EXERCISE DESCRIPTION: Give the line containing "unfolding continued" again, exactly, along with all later lines of the entries, through the last one.

Stored data:
↓↓↓
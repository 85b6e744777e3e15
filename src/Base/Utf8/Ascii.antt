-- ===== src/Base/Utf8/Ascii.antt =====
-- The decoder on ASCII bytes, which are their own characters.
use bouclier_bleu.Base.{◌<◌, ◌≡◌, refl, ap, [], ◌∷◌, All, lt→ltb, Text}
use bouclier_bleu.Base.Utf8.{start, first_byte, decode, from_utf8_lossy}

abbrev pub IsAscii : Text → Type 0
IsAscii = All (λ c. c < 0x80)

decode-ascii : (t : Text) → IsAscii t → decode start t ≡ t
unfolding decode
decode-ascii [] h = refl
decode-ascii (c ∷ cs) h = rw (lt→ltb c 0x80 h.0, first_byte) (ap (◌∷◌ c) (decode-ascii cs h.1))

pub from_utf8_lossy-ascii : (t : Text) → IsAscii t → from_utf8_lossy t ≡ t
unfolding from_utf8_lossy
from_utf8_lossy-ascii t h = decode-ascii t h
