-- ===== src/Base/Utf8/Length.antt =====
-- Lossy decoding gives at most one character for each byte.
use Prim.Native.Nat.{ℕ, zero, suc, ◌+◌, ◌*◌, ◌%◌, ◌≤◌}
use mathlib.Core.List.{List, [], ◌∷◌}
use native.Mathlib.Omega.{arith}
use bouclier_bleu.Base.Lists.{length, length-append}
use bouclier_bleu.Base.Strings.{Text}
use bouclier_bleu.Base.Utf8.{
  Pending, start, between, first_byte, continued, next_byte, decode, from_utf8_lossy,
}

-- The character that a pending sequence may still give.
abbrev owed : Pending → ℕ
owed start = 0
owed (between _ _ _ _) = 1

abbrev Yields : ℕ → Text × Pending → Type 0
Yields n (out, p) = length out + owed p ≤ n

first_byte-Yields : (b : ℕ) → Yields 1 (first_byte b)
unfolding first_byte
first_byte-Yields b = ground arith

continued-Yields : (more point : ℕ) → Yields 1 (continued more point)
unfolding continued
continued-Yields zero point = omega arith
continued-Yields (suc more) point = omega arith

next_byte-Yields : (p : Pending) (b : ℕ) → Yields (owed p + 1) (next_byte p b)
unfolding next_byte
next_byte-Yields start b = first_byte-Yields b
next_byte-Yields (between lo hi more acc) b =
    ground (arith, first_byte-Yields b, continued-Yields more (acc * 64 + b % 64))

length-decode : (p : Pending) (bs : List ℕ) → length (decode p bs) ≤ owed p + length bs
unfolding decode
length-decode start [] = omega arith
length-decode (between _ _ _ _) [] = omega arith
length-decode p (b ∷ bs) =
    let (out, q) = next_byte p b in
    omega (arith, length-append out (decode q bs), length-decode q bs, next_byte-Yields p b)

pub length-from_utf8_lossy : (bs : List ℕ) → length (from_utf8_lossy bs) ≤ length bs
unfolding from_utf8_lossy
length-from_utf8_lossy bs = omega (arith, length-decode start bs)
↑↑↑
SOLUTION FOR THIS TASK:
unfolding continued
continued-Yields zero point = omega arith
continued-Yields (suc more) point = omega arith

next_byte-Yields : (p : Pending) (b : ℕ) → Yields (owed p + 1) (next_byte p b)
unfolding next_byte
next_byte-Yields start b = first_byte-Yields b
next_byte-Yields (between lo hi more acc) b =
    ground (arith, first_byte-Yields b, continued-Yields more (acc * 64 + b % 64))

length-decode : (p : Pending) (bs : List ℕ) → length (decode p bs) ≤ owed p + length bs
unfolding decode
length-decode start [] = omega arith
length-decode (between _ _ _ _) [] = omega arith
length-decode p (b ∷ bs) =
    let (out, q) = next_byte p b in
    omega (arith, length-append out (decode q bs), length-decode q bs, next_byte-Yields p b)

pub length-from_utf8_lossy : (bs : List ℕ) → length (from_utf8_lossy bs) ≤ length bs
unfolding from_utf8_lossy
length-from_utf8_lossy bs = omega (arith, length-decode start bs)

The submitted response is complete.